- blad nr 8
- 18-4-2015
- auteur A. Moerman
- de Vereniging
AOb onderzoekt gevolgen Wet Passend Onderwijs
"Als ik nu cijfers moet geven dan lopen de scores uiteen van een 3 tot een 8”, stelt Esther Sloots de senior beleidsmedewerker die binnen de AOb alles wat met passend onderwijs te maken heeft coördineert. “Vooral samenwerkingsverbanden die wat eerder zijn begonnen doen het goed. Daar was meer tijd om met elkaar, en vooral met de werkvloer, te praten over wat nodig is."
De AOb is altijd voor de invoering van passend onderwijs geweest, mits het goed zou gebeuren. Sloots constateert nu dat er bij de invoering weliswaar veel goed is gegaan, maar dat er ook nog heel veel verbeterd kan en moet worden: "Daarom willen we van de werkvloer horen wat men ervan vindt. Zodat we over een paar weken met een rapport in de hand richting politiek en werkgevers kunnen: kijk dit vinden onze leden ervan.”
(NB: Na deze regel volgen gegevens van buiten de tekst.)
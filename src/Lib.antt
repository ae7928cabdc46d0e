-- ===== src/Lib.antt =====
-- Radiance, the backend core of the Lantern client: a verification library.
--
-- Radiance runs a VPN tunnel on the device. The tunnel (vpn) carries connections through sing-box, by
-- options that are built for it (vpn/boxoptions.go); each routed connection is tracked with its chain
-- of outbounds (vpn/clash.go, vpn/conntrack.go), and its bytes are sampled (vpn/throughput_tracker.go).
-- VPNClient (vpn/vpn.go) starts, stops and restarts it and emits its status, from which a session
-- history (vpn/session_history.go) is kept. Split tunneling (vpn/split_tunnel.go) keeps the items that
-- bypass the tunnel. Beside the tunnel run a memory monitor (vpn/memmon), which sheds connections
-- before the system kills the process, and a pooled buffer allocator (vpn/bufpool.go). A handler
-- (config/config.go) fetches the configuration, whose servers a manager (servers/manager.go) keeps on
-- disk and the tunnel takes up as outbounds (vpn/tunnel.go); how servers do is reported back
-- (backend/selection_reporter.go). Log lines go to clients (log/publish_handler.go) and into the archive
-- of an issue report (issue/archive.go). The settings (common/settings) are kept in a file, and taken
-- over from those of older versions. Requests of the client itself can go through DNS tunnels
-- (kindling/dnstt/parser.go).
--
-- Files and the code they model:
--
--   Common, Common/*: shared names, tests on numbers, lists, signed integers.
--   Memmon/Float: the float64 operations of the monitor as an interface. The kernel has no floats;
--     the theorems hold for every such interface, with the laws that they name as hypotheses.
--   Memmon/Types: vpn/memmon/types.go.
--   Memmon/Engine, Memmon/Engine/*: vpn/memmon/decision_engine.go. Decide is `decide`; a method of
--     *DecisionEngine takes the engine and returns the new one beside its result.
--   Memmon/Gate, Memmon/Gate/*: vpn/memmon/admissiongate.go, its atomic parts interleaved.
--   Memmon/Executor, Memmon/Executor/*: vpn/memmon/executor.go, with the calls it makes as a list.
--   Memmon/Monitor: vpn/memmon/monitor.go, one cycle of Run and the delay to the next.
--   Memmon/Fixed, Memmon/Tests: a concrete arithmetic, runs and examples.
--   Vpn/Status: VPNStatus of vpn/vpn.go, which the client sets and the session history reads.
--   Vpn/Client, Vpn/Client/*: the lifecycle of VPNClient, vpn/vpn.go (Connect, Disconnect, Restart,
--     setStatus, SelectServer, ClearTunnelCache). A method takes the client and returns the new one
--     with its reply; the emitted status events are a list in it.
--   Vpn/SessionHistory, Vpn/SessionHistory/*: vpn/session_history.go, each operation under its lock.
--   Vpn/SplitTunnel, Vpn/SplitTunnel/*: vpn/split_tunnel.go and vpn/split_tunnel_types.go; Update and
--     Save hold the item operations and the save, Load the constructor, initRuleMap and loadRule.
--   Vpn/Tests: runs and examples.
--   Log/Publisher, Log/Publisher/*: log/publish_handler.go, each operation under its lock.
--   Issue/Archive, Issue/Archive/*: issue/archive.go. The zip writer is an argument.
--   Backend/SelectionReporter, Backend/SelectionReporter/*: backend/selection_reporter.go, with the
--     success of the POST, and a reset while it is under way, as arguments.
--   Servers/Server, Servers/Manager, Servers/Manager/*: servers/manager.go. Manager.servers is the map;
--     the map's order, which Go leaves open, is the order of the list.
--   Config/Handler, Config/Handler/*: config/config.go, fetchConfig made of the parts under its mutex.
--   Config/File: the file of config/config.go, load with its migration and its quarantine.
--   Vpn/Clash, Vpn/Clash/*: vpn/clash.go. The loop of resolveChain has fuel, enough when no group leads
--     back to itself.
--   Settings, Settings/*: common/settings. World is the settings in memory with the files; the files of
--     older versions are read by Migration.
--   Vpn/BoxOptions, Vpn/BoxOptions/*: vpn/boxoptions.go with the rules of vpn/boxoptions_default.go. What
--     smart-routing and ad-block rules expand to, and whether a rule matches, are arguments.
--   Vpn/Throughput, Vpn/Throughput/*: vpn/conntrack.go and vpn/throughput_tracker.go. A sample is its
--     parts, the walk from connection to connection and the drain, and leave its three steps, between
--     all of which the others act.
--   Kindling/Config, Kindling/Config/*: the configurations of kindling/dnstt/parser.go.
--   Kindling/Tunnels, Kindling/Tunnels/*: the pool of tunnels of kindling/dnstt/parser.go; Pool has the
--     goroutines as steps. The answers of the DNS tunnel library are arguments.
--   Vpn/Outbounds, Vpn/Outbounds/*: addOutbounds, removeOutbounds and updateOutbounds of vpn/tunnel.go,
--     over the group manager of lantern-box as an argument.
--   Log/Tests, Issue/Tests, Backend/Tests, Servers/Tests, Config/Tests, Kindling/Tests,
--     Vpn/Outbounds/Tests, Vpn/Throughput/Tests, Vpn/BoxOptions/Tests,
--     Vpn/Clash/Tests, Settings/Tests: runs and examples.
--   Vpn/BufPool, Vpn/BufPool/*: vpn/bufpool.go, Get and Put made of their atomic parts.
--
-- Instants are nanoseconds since the zero time.Time; durations are signed. The clock, the memory
-- sensor, the reclaimer's answers, the inner allocator, what the tunnel answers and whether a file
-- write succeeds are arguments. The rule types of sing-box are cut to the fields that the code
-- reads. Log lines are left out.
-- bit_len runs on fuel 32, which is enough for a uint32; the search for the tail of a log runs on
-- fuel above the number of its chunks, of which every round rules out at least one.
--
-- Not modelled: the start of the sing-box services (the rest of vpn/tunnel.go), LocalBackend
-- (backend/radiance.go), the fetcher of configurations, private servers, the transports of kindling,
-- and the packages account, ipc and telemetry: they call remote services, sockets and the platform.
-- Log lines, spans and platform calls are not modelled.
pub mod Backend
pub mod Common
pub mod Config
pub mod Issue
pub mod Kindling
pub mod Log
pub mod Memmon
pub mod Servers
pub mod Settings
pub mod Vpn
Het grote probleem bij deze stelselwijziging is dat de bekostiging van de extra aandacht voor zorgleerlingen niet langer loopt via 'het persoonsgebonden rugzakje', maar via ruim 150 speciaal opgerichte samenwerkingsverbanden van scholen. Tegelijk zijn er heel veel rijkstaken in de zorg overgeheveld naar de gemeenten. Er is dus in deze overgangsperiode veel gedoe over 'wie wat betaalt'. Met als gevolg dat tal van zorgleerlingen nu noodgedwongen thuis zitten. Een ander punt is dat elk samenwerkingsverband eigen criteria hanteert bij het beoordelen van zorgvragen. Vroeger was er sprake van landelijke criteria. Niet alle samenwerkingsverbanden hebben dit goed op orde.
Een jaar geleden enquêteerde de AOb ook. De invullers rapporteerden toen veel onduidelijkheid, onrust en spookbeelden rondom de aanstaande invoering van passend onderwijs. "De invoering is te veel een proces geweest van directeuren, besturen en adviesbureautjes. Het moest allemaal snel, waardoor er vaak geen tijd was om aan de leraren te vragen wat zij nodig en wenselijk vonden. Her en der is er nu van alles geregeld wat de werkvloer niet wil of aankan of wat onduidelijk is. En waarvan leerlingen uiteindelijke de dupe zijn. Waar mogelijk zullen we de handen ineen slaan met ouderorganisaties om zo snel mogelijk verbeteringen te bewerkstelligen", stelt Sloots.
De enquête van de AOb telt acht open vragen. Verwerking van de antwoorden gaat sectorgewijs. “De antwoorden op open vragen verwerken kost veel tijd. Toch zou het mooi zijn als velen ze invullen. Des te duidelijker en betrouwbaarder wordt het beeld van de huidige stand van zaken. Een ding is zeker: dat beeld verschilt nogal eens met het beeld dat directeuren, besturen en het ministerie tot nog toe schetsen. Zij zijn de verantwoordelijken voor de huidige situatie. Ze hebben dus van nature de neiging om te vertellen dat het allemaal vrij goed gaat. Het zijn de spreekwoordelijke slagers die hun eigen vlees keuren. Wij hopen voor de zomer een meer realistisch beeld te kunnen presenteren aan onze leden, de werkgevers en de politiek", zegt Sloots. “Zodat wat nu krom is, snel recht gebreid kan worden.”